§ **REQUIRED ACTION**:
From the first line to the last, transcribe the data exactly.

Data excerpts:
■ ■ ■ ■ ■ ■ ■

-- ===== src/Protocol/Crc/Detect.antt =====
-- What `crc16` of async_telemetry_server/src/FrameProtocol.cpp detects: a round loses nothing.
use Prim.Native.Nat.{bit_xor}
use edge_ipc_daemon.Prelude.{
  ℕ, zero, suc, ◌*◌, ◌%◌, ◌^◌, ◌<◌, ◌+◌, ◌≡◌, sym, ap, List, [], ◌∷◌, ◌++◌, ◌∙◌, arith, dec_lt,
}
use edge_ipc_daemon.Prelude.Bits.{
  halve, halve-bit_xor, bit_xor_step, bit_and_top, bit_xor-lt_word, xor_cancel, xor_cancel_left,
}
use edge_ipc_daemon.Protocol.Bytes.{AllBytes}
use edge_ipc_daemon.Protocol.Crc.{crc_bit, crc_bits, crc_byte, crc_from, crc16}

abbrev IsWord : ℕ → Type 0
IsWord crc = crc < 2 ^ 16

-- A register whose top bit is clear is shifted; any other becomes odd.
low-crc_bit : (crc : ℕ) → crc < 2 ^ 15 → crc_bit crc ≡ crc * 2
unfolding crc_bit
low-crc_bit crc h = ground (arith, bit_and_top crc)

-- With the top bit set, the round keeps the lower bits under the polynomial.
high_xor : (crc : ℕ) → 2 ^ 15 < crc + 1 → IsWord crc → 2 ^ 15 < bit_xor crc 0x810 + 1
high_xor crc h w = omega (arith, halve-bit_xor 15 crc 0x810 ∙ ap (λ t. bit_xor t 0) top)
  where
    top : halve 15 crc ≡ 1
    top = omega arith

high-crc_bit :
    (crc : ℕ) → 2 ^ 15 < crc + 1 → IsWord crc → crc_bit crc ≡ (bit_xor crc 0x810 * 2 + 1) % 2 ^ 16
unfolding crc_bit
high-crc_bit crc h w = ground (arith, bit_and_top crc, bit_xor_step (crc * 2) 0x1021)

crc_bit-lt : (crc : ℕ) → IsWord crc → IsWord (crc_bit crc)
unfolding crc_bit
crc_bit-lt crc w = ground arith

-- A round is injective: its parity tells the branch, and each branch loses nothing.
crc_bit_inj : (c d : ℕ) → IsWord c → IsWord d → crc_bit c ≡ crc_bit d → c ≡ d
crc_bit_inj c d v w e = elim (dec_lt c (2 ^ 15)) [
  | yes p ↦ elim (dec_lt d (2 ^ 15)) [
    | yes q ↦ omega (arith, low-crc_bit c p, low-crc_bit d q)
    | no q ↦ absurd (omega (arith, low-crc_bit c p, high-crc_bit d (omega arith) w))
  ]
  | no p ↦ elim (dec_lt d (2 ^ 15)) [
    | yes q ↦ absurd (omega (arith, high-crc_bit c (omega arith) v, low-crc_bit d q))
    | no q ↦ xor_cancel c d 0x810 (
        omega (
          arith,
          high-crc_bit c (omega arith) v,
          high-crc_bit d (omega arith) w,
          high_xor c (omega arith) v,
          high_xor d (omega arith) w,
          bit_xor-lt_word c 0x810 v (omega arith),
          bit_xor-lt_word d 0x810 w (omega arith),
        ))
  ]
]

crc_bits-lt : (n crc : ℕ) → IsWord crc → IsWord (crc_bits n crc)
unfolding crc_bits
crc_bits-lt zero crc w = w
crc_bits-lt (suc n) crc w = crc_bits-lt n (crc_bit crc) (crc_bit-lt crc w)

crc_bits_inj : (n c d : ℕ) → IsWord c → IsWord d → crc_bits n c ≡ crc_bits n d → c ≡ d
unfolding crc_bits
crc_bits_inj zero c d v w e = e
crc_bits_inj (suc n) c d v w e =
    crc_bit_inj c d v w (crc_bits_inj n (crc_bit c) (crc_bit d) (crc_bit-lt c v) (crc_bit-lt d w) e)

crc_byte-lt : (crc b : ℕ) → IsWord (crc_byte crc b)
unfolding crc_byte
crc_byte-lt crc b = crc_bits-lt 8 (bit_xor crc (b * 2 ^ 8) % 2 ^ 16) (omega arith)

-- Of a word and a byte the cast in `crc ^= b << 8` cuts nothing off.
xor_byte :
    (crc b : ℕ) → IsWord crc → b < 256 → bit_xor crc (b * 2 ^ 8) % 2 ^ 16 ≡ bit_xor crc (b * 2 ^ 8)
xor_byte crc b w h = omega (arith, bit_xor-lt_word crc (b * 2 ^ 8) w (omega arith))

crc_byte_xor :
    (c d a b : ℕ)
    → IsWord c
    → IsWord d
    → a < 256
    → b < 256
    → crc_byte c a ≡ crc_byte d b
    → bit_xor c (a * 2 ^ 8) ≡ bit_xor d (b * 2 ^ 8)
unfolding crc_byte
crc_byte_xor c d a b v w ha hb e =
    sym (xor_byte c a v ha)
    ∙ crc_bits_inj 8 (bit_xor c (a * 2 ^ 8) % 2 ^ 16) (bit_xor d (b * 2 ^ 8) % 2 ^ 16) (omega arith)
        (omega arith) e
    ∙ xor_byte d b w hb

crc_from-lt : (crc : ℕ) (bs : List ℕ) → IsWord crc → IsWord (crc_from crc bs)
unfolding crc_from
crc_from-lt crc [] w = w
crc_from-lt crc (b ∷ bs) w = crc_from-lt (crc_byte crc b) bs (crc_byte-lt crc b)

-- The checksum fits the field of the header.
pub crc16-lt : (bs : List ℕ) → crc16 bs < 2 ^ 16
unfolding crc16
crc16-lt bs = crc_from-lt 0xFFFF bs (omega arith)

-- Registers that differ still differ after the same bytes.
crc_from_inj :
    (c d : ℕ) (bs : List ℕ)
    → IsWord c
    → IsWord d
    → AllBytes bs
    → crc_from c bs ≡ crc_from d bs
    → c ≡ d
unfolding crc_from
crc_from_inj c d [] v w h e = e
crc_from_inj c d (b ∷ bs) v w h e = xor_cancel c d (b * 2 ^ 8) (
    crc_byte_xor c d b b v w h.0 h.0
      (crc_from_inj (crc_byte c b) (crc_byte d b) bs (crc_byte-lt c b) (crc_byte-lt d b) h.1 e))

crc_from_one :
    (crc : ℕ) (xs : List ℕ) (a b : ℕ) (ys : List ℕ)
    → IsWord crc
    → a < 256
    → b < 256
    → AllBytes ys
    → crc_from crc (xs ++ (a ∷ ys)) ≡ crc_from crc (xs ++ (b ∷ ys))
    → a ≡ b
unfolding crc_from
crc_from_one crc [] a b ys w ha hb h e = omega (
  arith,
  xor_cancel_left crc (a * 2 ^ 8) (b * 2 ^ 8) (
      crc_byte_xor crc crc a b w w ha hb (
        crc_from_inj (crc_byte crc a) (crc_byte crc b) ys (crc_byte-lt crc a) (crc_byte-lt crc b) h
          e)),
)
crc_from_one crc (x ∷ xs) a b ys w ha hb h e =
    crc_from_one (crc_byte crc x) xs a b ys (crc_byte-lt crc x) ha hb h e

-- Two payloads that differ in one byte alone have different checksums.
pub crc16_one_byte :
    (xs : List ℕ) (a b : ℕ) (ys : List ℕ)
    → a < 256
    → b < 256
    → AllBytes ys
    → crc16 (xs ++ (a ∷ ys)) ≡ crc16 (xs ++ (b ∷ ys))
    → a ≡ b
unfolding crc16
crc16_one_byte xs a b ys ha hb h e = crc_from_one 0xFFFF xs a b ys (omega arith) ha hb h e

■ ■ ■ ■ ■ ■ ■

§ **SOLUTION**:
-- ===== src/Protocol/Crc/Detect.antt =====
-- What `crc16` of async_telemetry_server/src/FrameProtocol.cpp detects: a round loses nothing.
use Prim.Native.Nat.{bit_xor}
use edge_ipc_daemon.Prelude.{
  ℕ, zero, suc, ◌*◌, ◌%◌, ◌^◌, ◌<◌, ◌+◌, ◌≡◌, sym, ap, List, [], ◌∷◌, ◌++◌, ◌∙◌, arith, dec_lt,
}
use edge_ipc_daemon.Prelude.Bits.{
  halve, halve-bit_xor, bit_xor_step, bit_and_top, bit_xor-lt_word, xor_cancel, xor_cancel_left,
}
use edge_ipc_daemon.Protocol.Bytes.{AllBytes}
use edge_ipc_daemon.Protocol.Crc.{crc_bit, crc_bits, crc_byte, crc_from, crc16}

abbrev IsWord : ℕ → Type 0
IsWord crc = crc < 2 ^ 16

-- A register whose top bit is clear is shifted; any other becomes odd.
low-crc_bit : (crc : ℕ) → crc < 2 ^ 15 → crc_bit crc ≡ crc * 2
unfolding crc_bit
low-crc_bit crc h = ground (arith, bit_and_top crc)

-- With the top bit set, the round keeps the lower bits under the polynomial.
high_xor : (crc : ℕ) → 2 ^ 15 < crc + 1 → IsWord crc → 2 ^ 15 < bit_xor crc 0x810 + 1
high_xor crc h w = omega (arith, halve-bit_xor 15 crc 0x810 ∙ ap (λ t. bit_xor t 0) top)
  where
    top : halve 15 crc ≡ 1
    top = omega arith

high-crc_bit :
    (crc : ℕ) → 2 ^ 15 < crc + 1 → IsWord crc → crc_bit crc ≡ (bit_xor crc 0x810 * 2 + 1) % 2 ^ 16
unfolding crc_bit
high-crc_bit crc h w = ground (arith, bit_and_top crc, bit_xor_step (crc * 2) 0x1021)

crc_bit-lt : (crc : ℕ) → IsWord crc → IsWord (crc_bit crc)
unfolding crc_bit
crc_bit-lt crc w = ground arith

-- A round is injective: its parity tells the branch, and each branch loses nothing.
crc_bit_inj : (c d : ℕ) → IsWord c → IsWord d → crc_bit c ≡ crc_bit d → c ≡ d
crc_bit_inj c d v w e = elim (dec_lt c (2 ^ 15)) [
  | yes p ↦ elim (dec_lt d (2 ^ 15)) [
    | yes q ↦ omega (arith, low-crc_bit c p, low-crc_bit d q)
    | no q ↦ absurd (omega (arith, low-crc_bit c p, high-crc_bit d (omega arith) w))
  ]
  | no p ↦ elim (dec_lt d (2 ^ 15)) [
    | yes q ↦ absurd (omega (arith, high-crc_bit c (omega arith) v, low-crc_bit d q))
    | no q ↦ xor_cancel c d 0x810 (
        omega (
          arith,
          high-crc_bit c (omega arith) v,
          high-crc_bit d (omega arith) w,
          high_xor c (omega arith) v,
          high_xor d (omega arith) w,
          bit_xor-lt_word c 0x810 v (omega arith),
          bit_xor-lt_word d 0x810 w (omega arith),
        ))
  ]
]

crc_bits-lt : (n crc : ℕ) → IsWord crc → IsWord (crc_bits n crc)
unfolding crc_bits
crc_bits-lt zero crc w = w
crc_bits-lt (suc n) crc w = crc_bits-lt n (crc_bit crc) (crc_bit-lt crc w)

crc_bits_inj : (n c d : ℕ) → IsWord c → IsWord d → crc_bits n c ≡ crc_bits n d → c ≡ d
unfolding crc_bits
crc_bits_inj zero c d v w e = e
crc_bits_inj (suc n) c d v w e =
    crc_bit_inj c d v w (crc_bits_inj n (crc_bit c) (crc_bit d) (crc_bit-lt c v) (crc_bit-lt d w) e)

crc_byte-lt : (crc b : ℕ) → IsWord (crc_byte crc b)
unfolding crc_byte
crc_byte-lt crc b = crc_bits-lt 8 (bit_xor crc (b * 2 ^ 8) % 2 ^ 16) (omega arith)

-- Of a word and a byte the cast in `crc ^= b << 8` cuts nothing off.
xor_byte :
    (crc b : ℕ) → IsWord crc → b < 256 → bit_xor crc (b * 2 ^ 8) % 2 ^ 16 ≡ bit_xor crc (b * 2 ^ 8)
xor_byte crc b w h = omega (arith, bit_xor-lt_word crc (b * 2 ^ 8) w (omega arith))

crc_byte_xor :
    (c d a b : ℕ)
    → IsWord c
    → IsWord d
    → a < 256
    → b < 256
    → crc_byte c a ≡ crc_byte d b
    → bit_xor c (a * 2 ^ 8) ≡ bit_xor d (b * 2 ^ 8)
unfolding crc_byte
crc_byte_xor c d a b v w ha hb e =
    sym (xor_byte c a v ha)
    ∙ crc_bits_inj 8 (bit_xor c (a * 2 ^ 8) % 2 ^ 16) (bit_xor d (b * 2 ^ 8) % 2 ^ 16) (omega arith)
        (omega arith) e
    ∙ xor_byte d b w hb

crc_from-lt : (crc : ℕ) (bs : List ℕ) → IsWord crc → IsWord (crc_from crc bs)
unfolding crc_from
crc_from-lt crc [] w = w
crc_from-lt crc (b ∷ bs) w = crc_from-lt (crc_byte crc b) bs (crc_byte-lt crc b)

-- The checksum fits the field of the header.
pub crc16-lt : (bs : List ℕ) → crc16 bs < 2 ^ 16
unfolding crc16
crc16-lt bs = crc_from-lt 0xFFFF bs (omega arith)

-- Registers that differ still differ after the same bytes.
crc_from_inj :
    (c d : ℕ) (bs : List ℕ)
    → IsWord c
    → IsWord d
    → AllBytes bs
    → crc_from c bs ≡ crc_from d bs
    → c ≡ d
unfolding crc_from
crc_from_inj c d [] v w h e = e
crc_from_inj c d (b ∷ bs) v w h e = xor_cancel c d (b * 2 ^ 8) (
    crc_byte_xor c d b b v w h.0 h.0
      (crc_from_inj (crc_byte c b) (crc_byte d b) bs (crc_byte-lt c b) (crc_byte-lt d b) h.1 e))

crc_from_one :
    (crc : ℕ) (xs : List ℕ) (a b : ℕ) (ys : List ℕ)
    → IsWord crc
    → a < 256
    → b < 256
    → AllBytes ys
    → crc_from crc (xs ++ (a ∷ ys)) ≡ crc_from crc (xs ++ (b ∷ ys))
    → a ≡ b
unfolding crc_from
crc_from_one crc [] a b ys w ha hb h e = omega (
  arith,
  xor_cancel_left crc (a * 2 ^ 8) (b * 2 ^ 8) (
      crc_byte_xor crc crc a b w w ha hb (
        crc_from_inj (crc_byte crc a) (crc_byte crc b) ys (crc_byte-lt crc a) (crc_byte-lt crc b) h
          e)),
)
crc_from_one crc (x ∷ xs) a b ys w ha hb h e =
    crc_from_one (crc_byte crc x) xs a b ys (crc_byte-lt crc x) ha hb h e

-- Two payloads that differ in one byte alone have different checksums.
pub crc16_one_byte :
    (xs : List ℕ) (a b : ℕ) (ys : List ℕ)
    → a < 256
    → b < 256
    → AllBytes ys
    → crc16 (xs ++ (a ∷ ys)) ≡ crc16 (xs ++ (b ∷ ys))
    → a ≡ b
unfolding crc16
crc16_one_byte xs a b ys ha hb h e = crc_from_one 0xFFFF xs a b ys (omega arith) ha hb h e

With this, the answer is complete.